E, come bonus a sorpresa, ho scoperto quanto fosse popolare la versione fatta da Peter Green e i suoi Fletwood Mac. A febbraio, durante il mio tour nel Regno Unito, i giornalisti inglesi ne sono andati matti, così come il pubblico stesso;
MB: la seconda cover è 'One Mint Julep', che tu rileggi in chiave funky….
JC: una delle più grandi esperienze artistiche della mia vita sono stati i dieci anni trascorsi nella band di quell’icona soul/blues di New Orleans che è Walter ‘Wolfman’ Washington. Walter mi ha insegnato molto in fatto di musica e vita; con lui, occasionalmente, si suonava One Mint Julep. Mi è sempre piaciuto improvvisare su questo pezzo e mi sono reso conto, durante le registrazioni con la band in studio, che avremmo potuto fare anche questo. Il groove che hanno inventato Cam Tyler (batterista) e Jason Langley (bassista) è proprio cazzuto e Red Young pure ci ha dato dentro bene come sapevo avrebbe fatto. L’ho suonata anche dal vivo con la mia band inglese, durante l’ultimo tour e, anche loro, su questo brano, hanno davvero spaccato;
MB: e, sul finire del cd, troviamo l’ultima sorpresa: 'Yeah Man' di Eddie Hinton. Eddie è stato un maestro, ma anche una figura oscura in realtà; quindi, resto sempre sorpreso quando qualcuno decide di interpretare uno dei suoi brani. Perché questa scelta?
JC: in vita mia, mi è capitata assai di rado la fortuna di incontrare qualcuno che lasciasse un’impressione durevole in me: Eddie Hinton è stato uno dei pochi a farlo.
Nei primi anni ‘80, Jimmy Thackery, allora chitarrista dei The Nighthawks, incontrò Eddie e lavorò con lui su un brano. Poi, portò Eddie a Washington e lo incoraggiò a fare un tour. In quel periodo, Eddie capitò a suonare nella mia città, Greensboro, North Carolina e, ovviamente, andai a sentirlo. Nel locale, non c’era nessuno; io ero seduto a un tavolo proprio di fronte al palco, completamente rapito da quanto stavo ascoltando. Lo vidi nuovamente, poco dopo, a Chapel Hill, North Carolina e, quella volta, dovetti andarlo a conoscere e con lui rimasi fino a tarda notte.
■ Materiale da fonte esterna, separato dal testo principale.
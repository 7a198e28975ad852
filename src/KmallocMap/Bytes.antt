-- ===== src/KmallocMap/Bytes.antt =====
-- ex7.c and new_st.c: bytes at an address, and the text that is read there.
use lkms.Prelude.{
  length-drop, ℕ, zero, suc, ◌+◌, ◌*◌, ◌≤◌, ◌<◌, ◌≡◌, ◌≢◌, refl, ◌∙◌, arith, ==-self, ==_of_ne,
  le→leb, true, List, [], ◌∷◌, ◌++◌, All, All-append, length, length-append, drop, page_size,
  if-elim, ltb,
}
use lkms.Kernel.Run.{ok}
use lkms.KmallocMap.{
  State, page_limit, is_inside, put, put_bytes, store, c_string, writing_on_page, decimal,
  page_text, sprintf,
}

-- The bytes from `a` on.
abbrev pub Spells : (ℕ → ℕ) → ℕ → List ℕ → Type 0
Spells m a [] = Unit {0}
Spells m a (v ∷ vs) = (m a ≡ v) × Spells m (a + 1) vs

put_bytes-below : (a : ℕ) (vs : List ℕ) (m : ℕ → ℕ) (x : ℕ) → x < a → put_bytes a vs m x ≡ m x
unfolding put_bytes
put_bytes-below a [] m x h = refl
put_bytes-below a (v ∷ vs) m x h =
    put_bytes-below (a + 1) vs (put m a v) x (omega arith) ∙ rw (==_of_ne a x (omega arith)) refl

put_bytes-above :
    (a : ℕ) (vs : List ℕ) (m : ℕ → ℕ) (x : ℕ) → a + length vs ≤ x → put_bytes a vs m x ≡ m x
unfolding put_bytes
put_bytes-above a [] m x h = refl
put_bytes-above a (v ∷ vs) m x h =
    put_bytes-above (a + 1) vs (put m a v) x (omega arith) ∙ rw (==_of_ne a x (omega arith)) refl

pub put_bytes-Spells : (a : ℕ) (vs : List ℕ) (m : ℕ → ℕ) → Spells (put_bytes a vs m) a vs
unfolding put_bytes
put_bytes-Spells a [] m = tt
put_bytes-Spells a (v ∷ vs) m = (
  put_bytes-below (a + 1) vs (put m a v) a (omega arith) ∙ rw (==-self a) refl,
  put_bytes-Spells (a + 1) vs (put m a v),
)

Spells-same :
    (m m' : ℕ → ℕ) (a : ℕ) (vs : List ℕ)
    → ((x : ℕ) → a ≤ x → x < a + length vs → m' x ≡ m x)
    → Spells m a vs
    → Spells m' a vs
Spells-same m m' a [] same sp = tt
Spells-same m m' a (v ∷ vs) same (e, sp) = (
  same a (omega arith) (omega arith) ∙ e,
  Spells-same m m' (a + 1) vs (λ x lo hi. same x (omega arith) (omega arith)) sp,
)

-- Bytes written further on leave those before them.
pub Spells-put_bytes :
    (m : ℕ → ℕ) (a : ℕ) (vs : List ℕ) (b : ℕ) (ws : List ℕ)
    → a + length vs ≤ b
    → Spells m a vs
    → Spells (put_bytes b ws m) a vs
Spells-put_bytes m a vs b ws h sp =
    Spells-same m (put_bytes b ws m) a vs (λ x lo hi. put_bytes-below b ws m x (omega arith)) sp

pub Spells-prefix : (m : ℕ → ℕ) (a : ℕ) (xs ys : List ℕ) → Spells m a (xs ++ ys) → Spells m a xs
Spells-prefix m a [] ys sp = tt
Spells-prefix m a (x ∷ xs) ys (e, sp) = (e, Spells-prefix m (a + 1) xs ys sp)

pub is_inside-true :
    (a n : ℕ) (s : State)
    → s.allocated ≡ true
    → s.kmalloc_ptr ≤ a
    → a + n ≤ s.kmalloc_ptr + (page_limit + 2) * page_size
    → is_inside a n s ≡ true
unfolding is_inside
is_inside-true a n s used lo hi =
    rw
      (
        is_inside,
        used,
        le→leb s.kmalloc_ptr a lo,
        le→leb (a + n) (s.kmalloc_ptr + (page_limit + 2) * page_size) hi,
      )
      refl

pub store-run :
    (a : ℕ) (vs : List ℕ) (s : State)
    → is_inside a (length vs) s ≡ true
    → store a vs s ≡ ok (record s { memory = put_bytes a vs s.memory })
unfolding store
store-run a vs s h = rw (store, h) refl

pub c_string-run :
    (fuel a : ℕ) (text : List ℕ) (s : State)
    → s.allocated ≡ true
    → s.kmalloc_ptr ≤ a
    → a + (length text + 1) ≤ s.kmalloc_ptr + (page_limit + 2) * page_size
    → length text < fuel
    → All (λ v. v ≢ 0) text
    → Spells s.memory a (text ++ (0 ∷ []))
    → c_string fuel a s ≡ ok text
unfolding c_string
c_string-run zero a text s used lo hi f nonzero sp = absurd (omega arith)
c_string-run (suc fuel) a [] s used lo hi f nonzero (e, sp) =
    rw (c_string, is_inside-true a 1 s used lo (omega arith), e) refl
c_string-run (suc fuel) a (v ∷ vs) s used lo hi f (n, nonzero) (e, sp) =
    rw
      (
        c_string,
        is_inside-true a 1 s used lo (omega arith),
        e,
        ==_of_ne v 0 n,
        c_string-run fuel (a + 1) vs s used (omega arith) (omega arith) (omega arith) nonzero sp,
      )
      refl

decimal_short : (n : ℕ) → length (decimal n) ≤ 2
unfolding decimal
decimal_short n = ground arith

decimal_nonzero : (n : ℕ) → All (λ v. v ≢ 0) (decimal n)
unfolding decimal
decimal_nonzero n = if-elim (All (λ v. v ≢ 0)) (ltb n 10) (λ _. omega arith) (λ _. omega arith)

writing_nonzero : All (λ v. v ≢ 0) writing_on_page
writing_nonzero = omega arith

pub page_text-short : (n : ℕ) → length (page_text n) ≤ 35
unfolding page_text
page_text-short n = omega (arith, length-append writing_on_page (decimal n), decimal_short n)

pub page_text-nonzero : (n : ℕ) → All (λ v. v ≢ 0) (page_text n)
unfolding page_text
page_text-nonzero n =
    All-append (λ v. v ≢ 0) writing_on_page (decimal n) writing_nonzero (decimal_nonzero n)

-- What `buffer[50]` holds after a sprintf of a page's text.
abbrev pub filled : ℕ → List ℕ → List ℕ
filled count buffer = page_text count ++ (0 ∷ drop (length (page_text count) + 1) buffer)

pub sprintf-run :
    (count : ℕ) (buffer : List ℕ)
    → length buffer ≡ 50
    → (sprintf (page_text count) buffer ≡ ok (filled count buffer))
      × (length (filled count buffer) ≡ 50)
unfolding sprintf
sprintf-run count buffer e = (
  rw
      (
        sprintf,
        le→leb (length (page_text count) + 1) (length buffer)
            (omega (arith, page_text-short count)),
      )
      refl,
  omega (
    arith,
    page_text-short count,
    length-append (page_text count) (0 ∷ drop (length (page_text count) + 1) buffer),
    length-drop (length (page_text count) + 1) buffer,
  ),
)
Era un tipo davvero insolito, un’interessante combinazione di conflitto e felicità, ma era anche un piacevolissimo compagno di bevute. Andando velocemente avanti nel tempo, arriviamo al 2002. All’epoca, stavo registrando un disco con Jimmy Thackery intitolato We Got It, quasi interamente composto da canzoni di Eddie Hinton. Yeah Man è sempre stata la mia preferita tra le canzoni di Eddie e ho pensato che Soul Doctor fosse l’occasione giusta per riproporla. L‘ho un po’ cambiata, qua e là, ma sempre restando fedele allo spirito originario della canzone. Inoltre, chiudere il disco con un brano positivo, felice, una specie di brano jam, mi pareva potesse funzionare bene.